I don't think that I have the pot wired properly as I am not sure which is pin 1 and which is pin 3, either way - I have tried multiple configurations and it hasn't got the pre to pass any audio - and besides it should pass audio even without a gain pot attached right???
From your pic (looking at the shaft, pins facing down), one wire to the rightmost pin 3, the other wire to the center pin 2. You could tie pin 1 to pin 2 in order to prevent a open connection if the pot wiper fails one day. Essentially, pot dialed CW for max.gain->lowest resistance, pot dialed CCW for min.gain->highest resistance.
 
Thanks 3nity,

My pushbutton switches finally arrived and I dropped them in today... the pre's worked almost straight off the cuff.

I had some issues with the gain pots, I wired them backwards first time around so it was hard to tell if the pre's were working properly. I've got 2 out of 4 pre's wired up, I noticed one strange thing on 1 of the 2 pre's - in the last turn of gain I get a heap of hiss and noise, perfectly quiet until then.

I thought it was the gain pot/wiring, but since I used molex headers I plugged the pot into the other working pre and it worked fine there - no noise at all so I am not too sure what it could be.

I am not too concerned at this stage since I can't expect ever needing to put these on full gain since they have tonnes as it is....

For those of you using smallbearelec pots, referring to my pic in the previous post, wire pins 1+2 together - these goto Gain pin 2 on PCB, pin 3 goes to Gain pin 1 on PCB
 
buildafriend said:
I  got these freekin overkill $12 each reverse log pots from digikey

Thanks for the wiring info, I was wondering about it.  :)

Yeah total rip off! I remember shopping around for pots for a while and there was no way I could bring myself to spend $50 on 4 pots + postage - so thanks to 3nity for the tip off on smallbearelec. They are just alpha lots so you could probably find them else where but they are sure cheap at smallbear
 
What is the rack-depth you've used for this unit?

sr1200 said:
looking at the board (with the transformer to the back)

R O
Y G
B P

The switch should have the following

looking at the back of the switch
P B
G Y
O R

And you can connect your LED for the phantom power + to Purple - to Blue



This is before i cleaned up the insides (after i got my transformers)
312572_2543378226871_1326207212_3009414_1948143697_n.jpg


The pre is towards the bottom just below the green Joe meek in this shot (just showing what it looks like with the switches and added 5fish VU meters.
309008_248373848549544_233521766701419_619320_1530445758_n.jpg
 
I think I could have fit mine in an 8" deep chassis. But I used an 11 deep chassis and had plenly of room for 4 units. If I could go back I would also have built 6-8 pres and mounted them sideways in a 2u.

 
Are people running these transformerless or something? If yes, how?

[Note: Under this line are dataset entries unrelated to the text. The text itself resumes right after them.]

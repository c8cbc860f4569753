-- ===== src/Driver/Devices.antt =====
-- fscc_id_table of main.c and is_fscc_device of utils.c.
use fscc_linux.Prelude.{ℕ, ◌≡◌, arith, List, [], ◌∷◌, Bool, false, not, ◌&&◌, ◌||◌, ◌==◌}
use fscc_linux.Utils.{is_fscc_device}
use fscc_linux.Card.Life.{has_dma}
use fscc_linux.Driver.{fscc_id_table}

abbrev pub listed : ℕ → List ℕ → Bool
listed device [] = false
listed device (id ∷ ids) = device == id || listed device ids

-- A device is served by fscc_init exactly if its id is in the table that the PCI core matches
-- devices with, and fscc_card_new takes none but such a device to have a DMA engine.
pub is_fscc_device_lem :
    (device : ℕ)
    → (is_fscc_device device ≡ listed device fscc_id_table)
      × ((has_dma device && not (is_fscc_device device)) ≡ false)
unfolding is_fscc_device fscc_id_table has_dma
is_fscc_device_lem device = (ground arith, ground arith)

I tried using THAT balancers and it works..just wire the IC to +/-.
you can run the output balanced with a few resistors and caps.
Thanks.
 
I'd like to wire a power on led  and an led for 48v on.

For the power led I'm guessing I could get a 120v from radioshack.com, and connect one side to the neutral AC socket and the other to the "out" side of the power switch.
or I have one of these from mouser I could use for the power light (30ma) but I'm not sure how I would wire it in. I'm assuming I'll need to put a resistor between it and the power supply.
http://www.mouser.com/Search/ProductDetail.aspx?R=SSI-LXH8080IDvirtualkey69600000virtualkey696-SSI-LXH8080ID

I bought these for the 48v light
http://www.mouser.com/ProductDetail/Lumex/SSI-LXH312SID-150/?qs=iLtNwxw1bwKzhRWCyyO9JA%3d%3d
 
I am thinking about getting a lamp for mine. A nice vintage fender guitar amp looking one. For now I will not be using an indicator. I was hesitant to even add an on switch. I see no point when I have a rack mount surge protector.

I am not interested in running these transformerless, but I bet one of my broke friends would want me to build it and test it since that sounds really cheap.

I am almost done, I will post picks soon.